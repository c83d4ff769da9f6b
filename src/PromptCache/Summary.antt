-- ===== src/PromptCache/Summary.antt =====
-- The loop of `summarize`, before the figures are rounded and sorted for the report.
use kry.Base.{ℕ, ◌+◌, Bool, true, false, Option, none, some, List, [], ◌∷◌}
use kry.Base.Texts.{Text, codes}
use kry.Base.Dicts.{lookup, insert}
use kry.Python.{Value}
use kry.PromptCache.Valuation.{
  Usage, Priced, Valuation, priced, unpriced, modifier_excluded, malformed, value_record,
}

-- The tokens and dollars of some priced calls, and their number.
pub record Bucket : Type 0 where
  pub records : ℕ
  pub input : ℕ
  pub cache_read : ℕ
  pub cache_write_5m : ℕ
  pub cache_write_1h : ℕ
  pub without : ℕ
  pub actual : ℕ

abbrev pub empty_bucket : Bucket
empty_bucket = record {
  records = 0;
  input = 0;
  cache_read = 0;
  cache_write_5m = 0;
  cache_write_1h = 0;
  without = 0;
  actual = 0;
}

abbrev pub add_priced : Priced → Bucket → Bucket
add_priced p b = record {
  records = b.records + 1;
  input = b.input + p.input;
  cache_read = b.cache_read + p.cache_read;
  cache_write_5m = b.cache_write_5m + p.cache_write_5m;
  cache_write_1h = b.cache_write_1h + p.cache_write_1h;
  without = b.without + p.without_caching;
  actual = b.actual + p.actual;
}

-- `records`, `unpriced_models`, `by_model`, and `tokens` with `totals` and the count of priced records as
-- one bucket.
pub record Summary : Type 0 where
  pub unpriced_records : ℕ
  pub modifier_excluded_records : ℕ
  pub malformed_records : ℕ
  pub ttl_assumed_1h : ℕ
  pub unpriced_models : List (Text × ℕ)
  pub by_model : List (Text × Bucket)
  pub totals : Bucket

abbrev pub empty_summary : Summary
empty_summary = record {
  unpriced_records = 0;
  modifier_excluded_records = 0;
  malformed_records = 0;
  ttl_assumed_1h = 0;
  unpriced_models = [];
  by_model = [];
  totals = empty_bucket;
}

abbrev pub or_empty : Option Bucket → Bucket
or_empty none = empty_bucket
or_empty (some b) = b

abbrev pub or_zero : Option ℕ → ℕ
or_zero none = 0
or_zero (some n) = n

-- `result["model"] or "<no model>"`
abbrev pub model_name : Option Text → Text
model_name none = codes "<no model>"
model_name (some []) = codes "<no model>"
model_name (some (c ∷ m)) = c ∷ m

abbrev pub as_number : Bool → ℕ
as_number true = 1
as_number false = 0

-- `by_model.setdefault(...)`, and the additions to the entry.
unfoldable pub add_to_model : Text → Priced → List (Text × Bucket) → List (Text × Bucket)
unfolding lookup insert
add_to_model k p d = insert k (add_priced p (or_empty (lookup k d))) d

unfoldable pub add_valuation : Summary → Valuation → Summary
unfolding add_to_model
add_valuation s (priced k p) = record s {
  ttl_assumed_1h = s.ttl_assumed_1h + as_number p.ttl_assumed_1h;
  by_model = add_to_model k p s.by_model;
  totals = add_priced p s.totals;
}
add_valuation s (unpriced m) = record s {
  unpriced_records = s.unpriced_records + 1;
  unpriced_models =
      insert (model_name m) (or_zero (lookup (model_name m) s.unpriced_models) + 1)
        s.unpriced_models;
}
add_valuation s (modifier_excluded k) = record s {
  modifier_excluded_records = s.modifier_excluded_records + 1;
}
add_valuation s (malformed k) = record s { malformed_records = s.malformed_records + 1 }

unfoldable pub summarize_from : Summary → List (Value × Option Usage) → Summary
unfolding value_record
summarize_from s [] = s
summarize_from s ((model, usage) ∷ calls) =
    summarize_from (add_valuation s (value_record model usage)) calls

unfoldable pub summarize : List (Value × Option Usage) → Summary
unfolding summarize_from
summarize calls = summarize_from empty_summary calls
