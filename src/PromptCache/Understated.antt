-- ===== src/PromptCache/Understated.antt =====
-- A usage that does not state how its cache writes split by time to live is never valued at more.
use kry.Base.{
  ℕ, zero, suc, ◌+◌, ◌*◌, ◌≤◌, ◌≡◌, refl, arith, Bool, true, false, leb, ◌==◌, ==_iff,
  if◌then◌else◌, Option, none, some, List, [], ◌∷◌, sym, ◌∙◌,
}
use kry.Base.Texts.{Text, codes, text_eq}
use kry.Base.Dicts.{lookup, insert, lookup-insert}
use kry.Python.{Value, str}
use kry.PromptCache.Prices.{Prices, anthropic_prices, aliases, OpenaiPrices}
use kry.PromptCache.Valuation.{
  Item, nested, plain, Usage, Priced, Valuation, priced, modifier_excluded, malformed,
  price_anthropic, split_sum, has_either, assumed_1h, split_of, or_count, or_count_item, or_same,
  value_counts, value_anthropic, value_openai, model_key, openai_key, key_if, value_keyed,
  value_record,
}

abbrev pub cache_creation : Text
cache_creation = codes "cache_creation"

-- The usage with the split written into it.
abbrev pub with_split : List (Text × Value) → Usage → Usage
with_split d u = insert cache_creation (nested d) u

lookup-with_split :
    (j : Text) (d : List (Text × Value)) (u : Usage)
    → text_eq cache_creation j ≡ false
    → lookup j (with_split d u) ≡ lookup j u
lookup-with_split j d u e = ground (arith, lookup-insert cache_creation j (nested d) u)

-- The second is valued as the first, and paid at most as much.
abbrev pub IsAtMost : Priced → Priced → Type 0
IsAtMost r s = (s.without_caching ≡ r.without_caching) × (s.actual ≤ r.actual)

priced-injective :
    {k k' : Text} {s s' : Priced}
    → priced k s ≡ priced k' s'
    → (s'.without_caching ≡ s.without_caching) × (s'.actual ≡ s.actual)
priced-injective e = (cc, cc)

mul_mono : (a x y : ℕ) → x ≤ y → a * x ≤ a * y
mul_mono zero x y h = omega arith
mul_mono (suc a) x y h = omega (arith, mul_mono a x y h)

split_cost : (a b w x y : ℕ) → a + b ≡ w → x ≤ y → a * x + b * y ≤ w * y
split_cost a b w x y e h = rw (sym e) (omega (arith, mul_mono a x y h))

-- The parts of a split add up to the writes.
abbrev IsSplit : ℕ → Option (ℕ × ℕ × Bool) → Type 0
IsSplit w none = Unit {0}
IsSplit w (some (a, b, t)) = a + b ≡ w

if-IsSplit :
    (w : ℕ) (c : Bool) (x y : Option (ℕ × ℕ × Bool))
    → (c ≡ true → IsSplit w x)
    → IsSplit w y
    → IsSplit w (if c then x else y)
if-IsSplit w true x y h k = h refl
if-IsSplit w false x y h k = k

split_sum-IsSplit : (w : ℕ) (x y : Option ℕ) → IsSplit w (split_sum w x y)
split_sum-IsSplit w none y = tt
split_sum-IsSplit w (some a) none = tt
split_sum-IsSplit w (some a) (some b) =
    if-IsSplit w (a + b == w) _ _ (λ e. (==_iff (a + b) w).0 e) tt

split_of-IsSplit : (w : ℕ) (i : Option Item) → IsSplit w (split_of w i)
unfolding split_of
split_of-IsSplit w none = omega arith
split_of-IsSplit w (some (plain v)) = omega arith
split_of-IsSplit w (some (nested d)) =
    let a = lookup (codes "ephemeral_5m_input_tokens") d in
    let b = lookup (codes "ephemeral_1h_input_tokens") d in
    if-IsSplit w (has_either a b) (split_sum w (or_count 0 a) (or_count 0 b)) (assumed_1h w)
      (λ _. split_sum-IsSplit w (or_count 0 a) (or_count 0 b)) (omega arith)

price_anthropic-assumed :
    (key : Text) (p : Prices) (n r w : ℕ) (o : Option (ℕ × ℕ × Bool)) (k k' : Text) (s s' : Priced)
    → p.write_5m ≤ p.write_1h
    → IsSplit w o
    → price_anthropic key p n r w (assumed_1h w) ≡ priced k s
    → price_anthropic key p n r w o ≡ priced k' s'
    → IsAtMost s s'
unfolding price_anthropic
price_anthropic-assumed key p n r w none k k' s s' h z e e' = cc
price_anthropic-assumed key p n r w (some (a, b, t)) k k' s s' h z e e' =
    let cost = split_cost a b w p.write_5m p.write_1h z h in
    let was = priced-injective e in
    let now = priced-injective e' in (now.0 ∙ sym was.0, rw (was.1, now.1) (omega (arith, cost)))

past_excluded :
    (c : Bool) (key k : Text) (y : Valuation) (s : Priced)
    → (if c then modifier_excluded key else y) ≡ priced k s
    → y ≡ priced k s
past_excluded true key k y s e = cc
past_excluded false key k y s e = e

past_malformed :
    (c : Bool) (key k : Text) (y : Valuation) (s : Priced)
    → (if c then y else malformed key) ≡ priced k s
    → y ≡ priced k s
past_malformed true key k y s e = e
past_malformed false key k y s e = cc

value_counts-assumed :
    (key : Text) (p : Prices) (u : Usage) (d : List (Text × Value)) (x y z : Option ℕ) (k k' : Text)
    (s s' : Priced)
    → p.write_5m ≤ p.write_1h
    → lookup cache_creation u ≡ none
    → value_counts key p u x y z ≡ priced k s
    → value_counts key p (with_split d u) x y z ≡ priced k' s'
    → IsAtMost s s'
unfolding value_counts split_of text_eq
value_counts-assumed key p u d (some n) (some r) (some w) k k' s s' h unsplit e e' =
    let was : price_anthropic key p n r w (split_of w (lookup cache_creation u)) ≡ priced k s =
      past_excluded _ key k _ s e in
    let now : price_anthropic key p n r w (split_of w (lookup cache_creation (with_split d u)))
        ≡ priced k' s' =
      past_excluded _ key k' _ s' e' in
    price_anthropic-assumed key p n r w (split_of w (lookup cache_creation (with_split d u))) k k' s
      s' h (split_of-IsSplit w (lookup cache_creation (with_split d u))) (rw unsplit at was) now
value_counts-assumed key p u d none y z k k' s s' h unsplit e e' = cc
value_counts-assumed key p u d (some n) none z k k' s s' h unsplit e e' = cc
value_counts-assumed key p u d (some n) (some r) none k k' s s' h unsplit e e' = cc

value_anthropic-assumed :
    (key : Text) (p : Prices) (u : Usage) (d : List (Text × Value)) (k k' : Text) (s s' : Priced)
    → p.write_5m ≤ p.write_1h
    → lookup cache_creation u ≡ none
    → value_anthropic key p (some u) ≡ priced k s
    → value_anthropic key p (some (with_split d u)) ≡ priced k' s'
    → IsAtMost s s'
unfolding value_anthropic text_eq
value_anthropic-assumed key p u d k k' s s' h unsplit e e' =
    let was = past_excluded _ key k _ s (past_malformed _ key k _ s e) in
    let now : value_counts key p (with_split d u)
          (or_count_item (lookup (codes "input_tokens") (with_split d u)))
          (or_count_item (lookup (codes "cache_read_input_tokens") (with_split d u)))
          (or_count_item (lookup (codes "cache_creation_input_tokens") (with_split d u)))
        ≡ priced k' s' =
      past_excluded _ key k' _ s' (past_malformed _ key k' _ s' e') in
    value_counts-assumed key p u d _ _ _ k k' s s' h unsplit was (
      rw
        (
          lookup-with_split (codes "input_tokens") d u refl,
          lookup-with_split (codes "cache_read_input_tokens") d u refl,
          lookup-with_split (codes "cache_creation_input_tokens") d u refl,
        )
        at now)

openai_same :
    (key : Text) (p : OpenaiPrices) (u : Usage) (d : List (Text × Value))
    → value_openai key p (some (with_split d u)) ≡ value_openai key p (some u)
unfolding value_openai text_eq
openai_same key p u d =
    rw
      (
        lookup-with_split (codes "service_tier") d u refl,
        lookup-with_split (codes "input_tokens") d u refl,
        lookup-with_split (codes "prompt_tokens") d u refl,
        lookup-with_split (codes "input_tokens_details") d u refl,
        lookup-with_split (codes "prompt_tokens_details") d u refl,
      )
      refl

-- Every 1-hour write costs at least a 5-minute write.
abbrev is_ordered : Prices → Bool
is_ordered p = leb p.write_5m p.write_1h

abbrev all_ordered : List (Text × Prices) → Bool
all_ordered [] = true
all_ordered ((k, p) ∷ t) = let rest = all_ordered t in if is_ordered p then rest else false

lookup-ordered :
    (k : Text) (t : List (Text × Prices)) (p : Prices)
    → all_ordered t ≡ true
    → lookup k t ≡ some p
    → p.write_5m ≤ p.write_1h
unfolding lookup
lookup-ordered k [] p o e = cc
lookup-ordered k ((j, q) ∷ t) p o e = ground (arith, lookup-ordered k t p)

key_if-some :
    {A : Type 0} (k key : Text) (o : Option A) (p : A) → key_if k o ≡ some (key, p) → o ≡ some p
key_if-some k key none p e = cc
key_if-some k key (some q) p e = cc

model_key-ordered :
    (model : Value) (key : Text) (p : Prices)
    → model_key model ≡ some (key, p)
    → p.write_5m ≤ p.write_1h
unfolding model_key anthropic_prices
model_key-ordered (str m) key p e =
    let k = or_same m (lookup m aliases) in
    lookup-ordered k anthropic_prices p refl (key_if-some k key (lookup k anthropic_prices) p e)
model_key-ordered _ key p e = cc

keyed-assumed :
    (model : Value) (u : Usage) (d : List (Text × Value)) (o : Option (Text × Prices))
    (q : Option (Text × OpenaiPrices)) (k k' : Text) (s s' : Priced)
    → model_key model ≡ o
    → lookup cache_creation u ≡ none
    → value_keyed model (some u) o q ≡ priced k s
    → value_keyed model (some (with_split d u)) o q ≡ priced k' s'
    → IsAtMost s s'
unfolding value_keyed
keyed-assumed model u d (some (key, p)) q k k' s s' known unsplit e e' =
    value_anthropic-assumed key p u d k k' s s' (model_key-ordered model key p known) unsplit e e'
keyed-assumed model u d none (some (key, p)) k k' s s' known unsplit e e' =
    let now = priced-injective (sym e ∙ (sym (openai_same key p u d) ∙ e')) in
    (now.0, omega (arith, now.1))
keyed-assumed model u d none none k k' s s' known unsplit e e' = cc

-- Take a usage without a split of its cache writes by time to live, and the same usage with any split
-- written into it. Where both are priced, the input costs the same uncached, and the cost with caching of
-- the second is at most that of the first: leaving the split out can only understate the saving.
pub value_record-understated :
    (model : Value) (u : Usage) (d : List (Text × Value)) (k k' : Text) (s s' : Priced)
    → lookup cache_creation u ≡ none
    → value_record model (some u) ≡ priced k s
    → value_record model (some (with_split d u)) ≡ priced k' s'
    → IsAtMost s s'
unfolding value_record
value_record-understated model u d k k' s s' unsplit e e' =
    keyed-assumed model u d (model_key model) (openai_key model) k k' s s' refl unsplit e e'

##############################

* WHAT YOU WILL DO *
What you give back should be exactly the lines of the data above from the line with "key_if-some k key (some q) p e = cc" through the line with "Option (Text × Prices))", both of those included, and nothing more.

* SOLUTION TO THIS PROBLEM *
key_if-some k key (some q) p e = cc

model_key-ordered :
    (model : Value) (key : Text) (p : Prices)
    → model_key model ≡ some (key, p)
    → p.write_5m ≤ p.write_1h
unfolding model_key anthropic_prices
model_key-ordered (str m) key p e =
    let k = or_same m (lookup m aliases) in
    lookup-ordered k anthropic_prices p refl (key_if-some k key (lookup k anthropic_prices) p e)
model_key-ordered _ key p e = cc

keyed-assumed :
    (model : Value) (u : Usage) (d : List (Text × Value)) (o : Option (Text × Prices))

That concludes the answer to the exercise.